Il ragazzo teneva le mani in mano, lo sguardo sul pavimento, senza pero’ riuscir di celar un certo pensiero. Quello allora sorridendo, rispose «Ma certo..» e sedendo sulla seggiola, gli porse uno sgabello.
«..Sentiamo.» disse, battendoci sopra la mano. Così, quello sedette muto, movendo le labbra appena. Mikolaj, colto quel rimembrare, attese, scribacchiando.
«Il Creato è l’azione prima in favore dell’Uomo..» esordì Ulrich d’un tratto, con voce chiara «..Dio vide che era buono, così dice la Genesi. Indi, la Verità è relativa a Dio, e in egli solo il mondo trova comprensione, e diviene possibile per l’Uomo ragionevole..». Senza quello avesse tempo di stupirsi, Ulrich d’un fiato poi chiese’ «..Che intendevate, con relativa?», e attese tremante.
Mikolaj - malamente sorpreso, prese e s’alzò, quasi volesse scansar quella domanda. Tornano di nuovo sul terrazzo, tutto imbacuccato nel mantello, volse il naso all’insù.
«V’intendete d’astri e di mondi, giovane?» chiese. «So dell’Ipotesi di Tolomeo..» ammise quello, vergognoso «.. e d’Aristotele qualche nozione..». Mikolaj, voltosi a guardarlo, rise beffardo e lo chiamò a sé, col gesto di una mano.
Ulrich, stringendosi nel giacchetta leggera, s’affaccio pure lui.Il chiarore del campo Teutone, illuminato da mille fuochi, fremeva come un tizzone in un caminetto spento.
Tutt’intorno, il mondo pareva un solo buio teso fra terra e cielo.

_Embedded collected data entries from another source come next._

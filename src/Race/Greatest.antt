-- ===== src/Race/Greatest.antt =====
-- The breakdown of race_print_err_breakdown of src/race.c shows the most frequent errors.
use gatebench.Base.{
  ℕ, zero, suc, ◌+◌, ◌≤◌, ◌<◌, ◌≡◌, refl, sym, subst, List, [], ◌∷◌, ltb, ◌==◌, length, length-set,
  All, arith, Bool-cases, ◌⊎◌, inl, inr, set, get_or,
}
use gatebench.Race.Top.{ErrTop, none_yet, min_from, min_idx, offer}
use gatebench.Race.Exchange.{Lists}

abbrev count_of : ErrTop → ℕ
count_of t = t.count

abbrev pub Low : ℕ → List ErrTop → Type 0
Low c ts = All (λ (t : ErrTop). c ≤ t.count) ts

-- Where min_from ends: at min_idx, or at an index of the list, with the least count.
record Least (ts : List ErrTop) (i min_idx low k : ℕ) : Type 0 where
  least : ℕ
  bound : least ≤ low
  lowest : Low least ts
  place :
      ((k ≡ min_idx) × (least ≡ low))
      ⊎ ((j : ℕ) × (k ≡ i + j) × (j < length ts) × (least ≡ (get_or ts j none_yet).count))

Low-trans : (a b : ℕ) (ts : List ErrTop) → a ≤ b → Low b ts → Low a ts
Low-trans a b [] h l = tt
Low-trans a b (t ∷ ts) h l = (omega (arith, l.0), Low-trans a b ts h l.1)

min_from-Least :
    (ts : List ErrTop) (i min_idx low : ℕ) → Least ts i min_idx low (min_from ts i min_idx low)
unfolding min_from
min_from-Least [] i min_idx low = record {
  least = low;
  bound = omega arith;
  lowest = tt;
  place = inl (refl, refl);
}
min_from-Least (t ∷ ts) i min_idx low = elim (Bool-cases (ltb t.count low)) [
  | inl e ↦
      let r = min_from-Least ts (i + 1) i t.count in
      rw (min_from, e)
        (record {
          least = r.least;
          bound = ground (arith, r.bound);
          lowest = (r.bound, r.lowest);
          place = elim r.place [
            | inl (p, q) ↦ inr (0, omega arith, omega arith, q)
            | inr (j, p, q, l) ↦ inr (suc j, omega arith, omega arith, l)
          ];
        })
  | inr e ↦
      let r = min_from-Least ts (i + 1) min_idx low in
      rw (min_from, e)
        (record {
          least = r.least;
          bound = r.bound;
          lowest = (ground (arith, r.bound), r.lowest);
          place = elim r.place [
            | inl (p, q) ↦ inl (p, q)
            | inr (j, p, q, l) ↦ inr (suc j, omega arith, omega arith, l)
          ];
        })
]

-- min_idx is the index of a least entry.
min_idx-Low :
    (ts : List ErrTop)
    → 0 < length ts
    → (min_idx ts < length ts) × Low (get_or ts (min_idx ts) none_yet).count ts
min_idx-Low [] h = absurd (omega arith)
min_idx-Low (t ∷ ts) h =
    let r = min_from-Least ts 1 0 t.count in
    elim r.place [
      | inl (p, q) ↦
          subst Fits (sym p)
            (omega arith, (omega arith, Low-trans t.count r.least ts (omega (arith, q)) r.lowest))
      | inr (j, p, q, l) ↦
          let at_j : suc j ≡ min_from ts 1 0 t.count = omega (arith, p) in
          subst Fits at_j (
            omega arith,
            (
              omega (arith, r.bound, l),
              Low-trans (get_or ts j none_yet).count r.least ts (omega (arith, l)) r.lowest,
            ),
          )
    ]
  where
    Fits : ℕ → Type 0
    Fits k = (k < length (t ∷ ts)) × Low (get_or (t ∷ ts) k none_yet).count (t ∷ ts)

Lists-set : (ts : List ErrTop) (k : ℕ) (v : ErrTop) → k < length ts → Lists v (set ts k v)
Lists-set [] k v h = absurd (omega arith)
Lists-set (t ∷ ts) zero v h = inl refl
Lists-set (t ∷ ts) (suc k) v h = inr (Lists-set ts k v (omega arith))

-- What stood in the list still does, or it is what was written over.
still_listed :
    (ts : List ErrTop) (k : ℕ) (x v : ErrTop)
    → Lists x ts
    → Lists x (set ts k v) ⊎ (get_or ts k none_yet ≡ x)
still_listed [] k x v h = absurd h
still_listed (t ∷ ts) zero x v h = elim h [ inl e ↦ inr e | inr r ↦ inl (inr r) ]
still_listed (t ∷ ts) (suc k) x v h = elim h [
  | inl e ↦ inl (inl e)
  | inr r ↦ elim (still_listed ts k x v r) [ inl l ↦ inl (inr l) | inr e ↦ inr e ]
]

All-set :
    (P : ErrTop → Type 0) (ts : List ErrTop) (k : ℕ) (v : ErrTop)
    → All P ts
    → P v
    → All P (set ts k v)
All-set P [] k v h p = tt
All-set P (t ∷ ts) zero v h p = (p, h.1)
All-set P (t ∷ ts) (suc k) v h p = (h.0, All-set P ts k v h.1 p)

Low-all :
    (P : ErrTop → Type 0) (ts : List ErrTop) (k : ℕ)
    → All P ts
    → k < length ts
    → P (get_or ts k none_yet)
Low-all P [] k h l = absurd (omega arith)
Low-all P (t ∷ ts) zero h l = h.0
Low-all P (t ∷ ts) (suc k) h l = Low-all P ts k h.1 (omega arith)

-- An error number with its count is among the five, or none of the five has a smaller count.
abbrev pub Fate : ErrTop → List ErrTop → Type 0
Fate x ts = Lists x ts ⊎ Low x.count ts

module _ (ts : List ErrTop) (some_cells : 0 < length ts) (new : ErrTop) where
  lowest : ErrTop
  lowest = get_or ts (min_idx ts) none_yet

  written-Fate :
      (x : ErrTop)
      → (get_or ts (min_idx ts) none_yet).count < new.count
      → Fate x ts
      → Fate x (set ts (min_idx ts) new)
  written-Fate x less f =
      let (inside, low) = min_idx-Low ts some_cells in
      elim f [
        | inl l ↦ elim (still_listed ts (min_idx ts) x new l) [
          | inl s ↦ inl s
          | inr e ↦ inr (
              All-set (λ t. x.count ≤ t.count) ts (min_idx ts) new
                (subst (λ (y : ErrTop). Low y.count ts) e low)
                (subst (λ (y : ErrTop). y.count ≤ new.count) e (omega arith)))
        ]
        | inr b ↦ inr (
            All-set (λ t. x.count ≤ t.count) ts (min_idx ts) new b
              (omega (arith, Low-all (λ (t : ErrTop). x.count ≤ t.count) ts (min_idx ts) b inside)))
      ]

  pub offer-Fate : (x : ErrTop) → Fate x ts → Fate x (offer new ts)
  offer-Fate x f = elim (Bool-cases (new.count == 0)) [
    | inl z ↦ rw (offer, z) f
    | inr z ↦ elim (Bool-cases (ltb (get_or ts (min_idx ts) none_yet).count new.count)) [
      | inl e ↦ rw (offer, z, e) (written-Fate x (ground arith) f)
      | inr e ↦ rw (offer, z, e) f
    ]
  ]

  zero-Low : (us : List ErrTop) → new.count ≡ 0 → Low new.count us
  zero-Low [] z = tt
  zero-Low (u ∷ us) z = (omega arith, zero-Low us z)

  pub offered-Fate : Fate new (offer new ts)
  offered-Fate =
      let (inside, low) = min_idx-Low ts some_cells in
      elim (Bool-cases (new.count == 0)) [
        | inl z ↦ rw (offer, z) (inr (zero-Low ts (ground arith)))
        | inr z ↦ elim (Bool-cases (ltb (get_or ts (min_idx ts) none_yet).count new.count)) [
          | inl e ↦ rw (offer, z, e) (inl (Lists-set ts (min_idx ts) new inside))
          | inr e ↦
              rw (offer, z, e)
                (inr (
                  Low-trans new.count (get_or ts (min_idx ts) none_yet).count ts (ground arith)
                    low))
        ]
      ]

  pub offer-All : (P : ErrTop → Type 0) → All P ts → P new → All P (offer new ts)
  offer-All P h p = elim (Bool-cases (new.count == 0)) [
    | inl z ↦ rw (offer, z) h
    | inr z ↦ elim (Bool-cases (ltb (get_or ts (min_idx ts) none_yet).count new.count)) [
      | inl e ↦ rw (offer, z, e) (All-set P ts (min_idx ts) new h p)
      | inr e ↦ rw (offer, z, e) h
    ]
  ]

  pub length-offer : length (offer new ts) ≡ length ts
  length-offer = elim (Bool-cases (new.count == 0)) [
    | inl z ↦ rw (offer, z) refl
    | inr z ↦ elim (Bool-cases (ltb (get_or ts (min_idx ts) none_yet).count new.count)) [
      | inl e ↦ rw (offer, z, e) (length-set ts (min_idx ts) new)
      | inr e ↦ rw (offer, z, e) refl
    ]
  ]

«Che ne direste..» chiese allora Mikolaj, mirando le stelle «..Se ora affermassi che lassù, invece d’una volta, vi fosse l’abisso?». Il suo sguardo profondo fece intender la serietà della questione, tant’è che rimase in attesa così, ritto e immobile.
«Mi sentirei perso, Eccellenza, come in un labirinto..» confesso’ Ulrich, sfiorando per sbaglio l’asta sul cavalletto. «E dunque, quale il Vostro procedere verso la Verità?» incalzo’ Mikolaj, senz’ombra di scherno. Ulrich allora si raccolse un attimo, e disse «Seguirei il calcolo, l’ipotesi - o meglio, la via più semplice..».
«E questo senz’altro..». concordo’ Mikolaj. Poi, presa di tasca una mela acerba, gliela porse. Ulrich, senza osar di toccarla, la guardò ben bene.
«Ora, fingetevi di viverci su questo pomo che tengo in pugno. Che sia il vostro mondo. E calcoli alla mano..» continuo’ Mikolaj, «..Vi risultasse questo.» e così dicendo, la scaglio’ nelle tenebre, un po’ a casaccio.Ulrich, scioccato, stette zitto e guardo’ di sotto, figurandosi in caduta libera nel vuoto.
Poi, scuotendosi, torno’ a guardare Mikolaj. Quello fissava il cielo, preso da uno sconforto inedito, che mai gli aveva visto in viso. «Sua Eccellenza, Kopernik, m’affiderei al salto di Fede e..e..» balbettò Ulrich, senza riuscir a dire altro.
Sopra la torre allora, calò un silenzio insopportabile. Quella sollecitudine, sollevatasi d’un tratto nel vento, si sciolse come un nodo bagnato.
«E dici bene, ragazzo. Per aspera sic itur ad astra, così solevano gli Antichi..» ringhiò Mikolaj, indispettito, facendo per tornar dentro «..Ma dove saltare, se le stelle son tanto distanti?»